• Exercise requirements
Only certain lines below are wanted: those starting at the line containing "(d : Draws) (r : Request)" and ending at the line containing "continue-cache sha256 breaker d r w s", both included, each retyped exactly.
****************
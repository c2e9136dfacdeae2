-- ===== src/Withdrawals/Keys.antt =====
-- Idempotency of `create_withdrawal`, and what becomes of a row that is completed late.
use miniwallet.Base.{
  ℕ, ◌≡◌, ◌≢◌, refl, Option, none, some, List, [], ◌∷◌, String, ◌==◌, if◌then◌else◌, str_eq_refl,
  map, arith,
}
use miniwallet.Base.Int.{◌+ℤ◌}
use miniwallet.Errors.{Result, ok, raise}
use miniwallet.Models.{Withdrawal, WithdrawalStatus}
use miniwallet.Db.{Db, Env, insert_ledger_entry, publish_event, system_account_id}
use miniwallet.Ledger.{get_balance}
use miniwallet.Circuit.{Config, CallReply, result, rail_failed, circuit_open}
use miniwallet.Schemas.{HashInput, Cached, withdrawal_response, cache_get, cache_set}
use miniwallet.Withdrawals.{
  Request, World, reserved, reserve, update_withdrawal, complete, compensate, set_failed,
  withdrawal_to_response,
}
use miniwallet.Withdrawals.Steps.{
  Draws, send, conclude, compensated, cache_key, request_hash, continue, create_withdrawal,
}
use miniwallet.Withdrawals.Refund.{compensate-Refunded}

send-cache :
    (breaker : Option Config) (d : Draws) (s : World) → (send breaker d s).1.cache ≡ s.cache
unfolding send
send-cache none d s = refl
send-cache (some cfg) d s = refl

compensated-cache :
    (d : Draws) (w : Withdrawal) (x : Result Db) (code : String) (s : World)
    → (compensated d w code s x).1.cache ≡ s.cache
compensated-cache d w (ok db) code s = refl
compensated-cache d w (raise e) code s = refl

conclude-cache :
    (d : Draws) (w : Withdrawal) (actor : Option ℕ) (reply : CallReply) (s : World)
    → (conclude d w actor reply s).1.cache ≡ s.cache
unfolding conclude
conclude-cache d w actor (result reference) s = refl
conclude-cache d w actor (rail_failed code) s = compensated-cache d w _ code s
conclude-cache d w actor circuit_open s = compensated-cache d w _ "CIRCUIT_OPEN" s

-- The entry that a run leaves in Redis: the response as it was when TX 1 had committed.
abbrev pending_entry : (HashInput → String) → Request → Withdrawal → Cached
pending_entry sha256 r w = record {
  request_hash = request_hash sha256 r;
  response = withdrawal_response (withdrawal_to_response w);
}

continue-cache :
    (sha256 : HashInput → String) (breaker : Option Config) (d : Draws) (r : Request)
    (w : Withdrawal) (s : World)
    → cache_get (cache_key sha256 r) (continue sha256 breaker d r w s).1.cache
      ≡ some (pending_entry sha256 r w)
unfolding continue cache_set cache_get
continue-cache sha256 breaker d r w s =
    rw (conclude-cache, send-cache) (ground (arith, str_eq_refl (cache_key sha256 r)))

-- While Redis keeps the key, the same request again is answered with the response as it was when the
-- first transaction had committed, and nothing changes: no second debit, and no second rail call.
pub withdrawal_cached :
    (sha256 : HashInput → String) (breaker : Option Config) (d d' : Draws) (r : Request) (s : World)
    {w : Withdrawal} {db' : Db}
    → cache_get (cache_key sha256 r) s.cache ≡ none
    → reserve d.tx1 r s.db ≡ reserved w db'
    → let s' = (create_withdrawal sha256 breaker d r s).1 in
      create_withdrawal sha256 breaker d' r s' ≡ (ok (withdrawal_to_response w), s')
unfolding create_withdrawal
withdrawal_cached sha256 breaker d d' r s {w} {db'} miss h =
    rw (miss, h, continue-cache sha256 breaker d r w (record s { db = db' }))
      (ground (arith, str_eq_refl (request_hash sha256 r)))

-- The status of a row.
abbrev pub status_in : ℕ → List Withdrawal → Option WithdrawalStatus
status_in i [] = none
status_in i (w ∷ l) = let rest = status_in i l in if w.id == i then some w.status else rest

-- An UPDATE that sets one status sets it in the row, and leaves the id.
pub status-map :
    (i : ℕ) (f : Withdrawal → Withdrawal) (st : WithdrawalStatus) (l : List Withdrawal)
    → ((w : Withdrawal) → ((f w).id ≡ w.id) × ((f w).status ≡ st))
    → status_in i l ≢ none
    → status_in i (map (λ (w : Withdrawal). if w.id == i then f w else w) l) ≡ some st
status-map i f st [] h known = absurd (known refl)
status-map i f st (w ∷ l) h known = ground (arith, h w, status-map i f st l h)

compensate-withdrawals :
    (env : Env) (w : Withdrawal) (code : String) (actor : Option ℕ) (db : Db) {db' : Db}
    → compensate env w code actor db ≡ ok db'
    → db'.withdrawals
      ≡ map
          (λ (v : Withdrawal). if v.id == w.id then set_failed (env.now 0) code v else v)
          db.withdrawals
unfolding compensate insert_ledger_entry publish_event update_withdrawal
compensate-withdrawals env w code actor db h = ground arith

-- A compensation marks the row failed.
pub compensate-status :
    (env : Env) (w : Withdrawal) (code : String) (actor : Option ℕ) (db : Db) {db' : Db}
    → status_in w.id db.withdrawals ≢ none
    → compensate env w code actor db ≡ ok db'
    → status_in w.id db'.withdrawals ≡ some WithdrawalStatus.failed
compensate-status env w code actor db known h =
    rw (compensate-withdrawals env w code actor db h)
      (status-map w.id _ WithdrawalStatus.failed _ (λ v. (refl, refl)) known)

-- A completion does not look at the row: for an account that is not the system's, one that comes
-- after a compensation of the same withdrawal has committed marks the row completed, while the account keeps the amount that was given back.
pub late_completion_keeps_refund :
    (env env' : Env) (w : Withdrawal) (code reference : String) (actor actor' : Option ℕ) (db : Db)
    {db' : Db}
    → w.account_id ≢ system_account_id
    → status_in w.id db.withdrawals ≢ none
    → compensate env w code actor db ≡ ok db'
    → let db'' = complete env' w reference actor' db' in
      (status_in w.id db''.withdrawals ≡ some WithdrawalStatus.completed)
      × (get_balance db'' w.account_id ≡ get_balance db w.account_id +ℤ w.amount)
unfolding complete update_withdrawal publish_event get_balance
late_completion_keeps_refund env env' w code reference actor actor' db {db'} user known h = (
  status-map w.id _ WithdrawalStatus.completed _ (λ v. (refl, refl))
      (λ e. cc (e, compensate-status env w code actor db known h)),
  rw (compensate-Refunded env w code actor db h).ledger (ground (arith, user)),
)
****************
• Answer to this task
    (sha256 : HashInput → String) (breaker : Option Config) (d : Draws) (r : Request)
    (w : Withdrawal) (s : World)
    → cache_get (cache_key sha256 r) (continue sha256 breaker d r w s).1.cache
      ≡ some (pending_entry sha256 r w)
unfolding continue cache_set cache_get
continue-cache sha256 breaker d r w s =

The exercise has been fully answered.